Patient-Derived Ovarian Cancer Models Provide Insight into Cancer Cell-Intrinsic and Immune Cell-Dependent Effects on Therapeutic Response

Ovarian cancer is the most lethal gynecologic malignancy, largely due to late diagnosis and resistance to chemotherapy. This dissertation applies patient-derived organoids (PDOs), xenograft-derived organoids (PDXOs), and humanized xenografts (huPDX) to investigate therapeutic responses and immune interactions. Organoids were shown to retain critical features of the original malignancy. Across platinum-sensitive, -resistant, and -refractory cases, both PDOs and PDXOs exhibited drug sensitivities that aligned with patients’ clinical classifications.
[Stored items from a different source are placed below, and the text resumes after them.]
-- ===== src/Clint/Model.antt =====
-- A counter and a compare register that behave as the manual of the CLINT says, for the tests.
use rt_async.Base.{ℕ, ◌+◌, ◌*◌, ◌/◌, ◌%◌, ◌^◌, ◌==◌, if◌then◌else◌, arith, refl}
use rt_async.Device.{Bus}
use rt_async.Driver.{empty_slot, set_slot}
use rt_async.Clint.{Clint, mtime_regs, mtimecmp_regs}
use rt_async.Clint.Deadline.{Compares}

-- The counter and the compare register of hart 1, the compare register in 64 bits
pub record Clocks : Type 0 where
  pub count : ℕ
  pub compare : ℕ

abbrev at_lo : ℕ
at_lo = 0x0200_4008

abbrev pub clocks : Bus Clocks
clocks = record {
  read = λ w s a. (if a == 0x0200_bff8 then s.count % 2 ^ 64 else s.compare % 2 ^ 32, s);
  write = λ w s a v.
      if a == at_lo
      then record s { compare = s.compare % 2 ^ 64 / 2 ^ 32 * 2 ^ 32 + v }
      else (if a == at_lo + 4 then record s { compare = v * 2 ^ 32 + s.compare % 2 ^ 32 } else s);
}

abbrev pub blank : Clint Clocks
blank = record {
  base = 0;
  off_mtimecmp = 0;
  freq = 0;
  timer = empty_slot;
  hardware = record { count = 0x1_0000_0000; compare = 0x2_0000_0005 };
}

abbrev pub virt : Clint Clocks
virt = record blank {
  base = 0x0200_0000;
  off_mtimecmp = 0x4008;
  freq = 10000000;
  timer = set_slot 2;
}

abbrev pub count_at : Clocks → ℕ
count_at s = s.count % 2 ^ 64

abbrev pub compare_at : Clocks → ℕ
compare_at s = s.compare % 2 ^ 64

pub virt-Compares : Compares clocks virt compare_at count_at
unfolding mtimecmp_regs mtime_regs
virt-Compares = record {
  write_hi = λ s v h. omega arith;
  write_lo = λ s v h. omega arith;
  read_count = λ s. refl;
  count-lt = λ s. omega arith;
  compare-lt = λ s. omega arith;
}
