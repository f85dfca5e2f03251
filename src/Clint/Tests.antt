-- ===== src/Clint/Tests.antt =====
-- Runs of timer_clint.rs, on a compare register with two halves.
use rt_async.Base.{◌/◌, ◌%◌, ◌^◌, ◌<◌, ◌≡◌, ◌↔◌, [], ◌∷◌, none, some, arith, refl}
use rt_async.Base.Outcome.{done}
use rt_async.Device.{first_reg}
use rt_async.Clint.{
  mtime_regs, mtimecmp_regs, set_hi, set_lo, set_deadline, now, probe, timebase_freq,
}
use rt_async.Clint.Deadline.{set_deadline_lem}
use rt_async.Clint.Model.{clocks, blank, virt, count_at, compare_at, virt-Compares}

probe_run : probe blank (some (0x0200_0000 ∷ [])) 1 none ≡ done virt
unfolding probe first_reg timebase_freq
probe_run = refl

now_run : (now clocks virt).0 ≡ 0x1_0000_0000
unfolding now mtime_regs
now_run = refl

-- The new deadline is 0x1_8000_0000, and the register is at 0x1_0000_0005 in between.
between_run : (set_hi clocks virt 0x1_8000_0000).hardware.compare ≡ 0x1_0000_0005
unfolding set_hi mtimecmp_regs
between_run = refl

deadline_run : (set_deadline clocks virt 0x1_8000_0000).hardware.compare ≡ 0x1_8000_0000
unfolding set_deadline set_hi set_lo mtimecmp_regs
deadline_run = refl

set_deadline_lem_example :
    (compare_at (set_deadline clocks virt 0x1_8000_0000).hardware ≡ 0x1_8000_0000)
    × (((compare_at (set_hi clocks virt 0x1_8000_0000).hardware < compare_at virt.hardware)
          × (compare_at (set_hi clocks virt 0x1_8000_0000).hardware < 0x1_8000_0000))
        ↔ ((0x1_8000_0000 / 2 ^ 32 < compare_at virt.hardware / 2 ^ 32)
            × (compare_at virt.hardware % 2 ^ 32 < 0x1_8000_0000 % 2 ^ 32)))
set_deadline_lem_example =
    set_deadline_lem clocks compare_at count_at virt virt-Compares 0x1_8000_0000 (omega arith)
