-- ===== src/TimerQueue.antt =====
-- modules/timer/src/lib.rs: the deadline queue that the timer interrupt drains. A callback and its
-- data pointer are numbers; what a drain calls is returned as the list of entries that it fired, in
-- order. The loops go over the indices below `len`, so the length is fuel enough for them.
pub mod Minimum
pub mod Drain
pub mod Cancel
mod Tests
use rt_async.Base.{
  ℕ, zero, suc, ◌+◌, Bool, true, false, Option, none, some, List, [], ◌∷◌, ◌==◌, if◌then◌else◌, ltb,
  leb, length, get_elem?, min,
}
use rt_async.Base.Outcome.{Outcome, done, panic, ◌>>=◌, unwrap}
use rt_async.External.{VecSeq}

pub record Entry : Type 0 where
  pub deadline : ℕ
  pub callback : ℕ
  pub payload : ℕ

-- `TimerQueue<N>`
pub record TimerQueue : Type 0 where
  pub limit : ℕ
  pub entries : List Entry

unfoldable pub new : ℕ → TimerQueue
new limit = record { limit = limit; entries = [] }

-- `entries.iter().map(|e| e.deadline).min()`
unfoldable pub min_deadline : List Entry → Option ℕ
min_deadline [] = none
min_deadline (e ∷ es) = elim (min_deadline es) [
  | none ↦ some e.deadline
  | some d ↦ some (min e.deadline d)
]

module _ (vec : VecSeq Entry) where
  -- `Ok(is_earliest)` is `some`, `Err(())` is `none`.
  unfoldable pub try_schedule : TimerQueue → Entry → Outcome (TimerQueue × Option Bool)
  try_schedule q entry = elim (vec.push q.limit q.entries entry) [
    | none ↦ done (q, none)
    | some entries ↦ do
      new_min ← unwrap (min_deadline entries)
      done (
        record q { entries = entries },
        some (elim (min_deadline q.entries) [ none ↦ true | some prev ↦ ltb new_min prev ]),
      )
  ]

  unfoldable pub schedule : TimerQueue → Entry → Outcome (TimerQueue × Bool)
  schedule q entry = do
    (q', answer) ← try_schedule q entry
    is_earliest ← unwrap answer
    done (q', is_earliest)

  -- The loop of `cancel` from index `i` on.
  unfoldable pub cancel_from : ℕ → ℕ → List Entry → ℕ → Outcome (List Entry × Bool)
  cancel_from zero i entries payload = done (entries, false)
  cancel_from (suc fuel) i entries payload = elim (get_elem? entries i) [
    | none ↦ done (entries, false)
    | some e ↦ elim (e.payload == payload) [
      | true ↦ do (_, rest) ← unwrap (vec.swap_remove entries i); done (rest, true)
      | false ↦ cancel_from fuel (i + 1) entries payload
    ]
  ]

  unfoldable pub cancel : TimerQueue → ℕ → Outcome (TimerQueue × Bool)
  cancel q payload = do
    (entries, found) ← cancel_from (length q.entries) 0 q.entries payload
    done (record q { entries = entries }, found)

  -- The loop of `dequeue_expired` from index `i` on: the entries that it fires, and those it leaves.
  unfoldable pub drain_from : ℕ → ℕ → List Entry → ℕ → Outcome (List Entry × List Entry)
  drain_from zero i entries now = done ([], entries)
  drain_from (suc fuel) i entries now = elim (get_elem? entries i) [
    | none ↦ done ([], entries)
    | some e ↦ elim (leb e.deadline now) [
      | true ↦ elim (vec.swap_remove entries i) [
        | none ↦ panic
        | some (entry, rest) ↦ do
          (fired, left) ← drain_from fuel i rest now
          done (entry ∷ fired, left)
      ]
      | false ↦ drain_from fuel (i + 1) entries now
    ]
  ]

  -- The queue afterwards, the entries fired, and the next deadline.
  unfoldable pub dequeue_expired : TimerQueue → ℕ → Outcome (TimerQueue × List Entry × Option ℕ)
  dequeue_expired q now = do
    (fired, left) ← drain_from (length q.entries) 0 q.entries now
    done (record q { entries = left }, fired, min_deadline left)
Building on this foundation, a drug screen revealed novel strategies. Auranofin restored platinum sensitivity in Notch3-active models, afatinib broadly reduced viability, and adavosertib–gemcitabine and sorafenib–topotecan combinations produced synergy. Extending this work, immune interactions were modeled with M2 macrophages, which enhanced organoid survival and paclitaxel resistance. Targeting macrophages with BMS777607 or CSF-1R inhibitor restored sensitivity in vitro and in huPDX. Altogether, these findings highlight organoid systems as translational platforms capturing tumor-intrinsic and immune-mediated drivers of resistance and support macrophage-targeting as a promising therapeutic strategy for advancing personalized ovarian cancer treatment.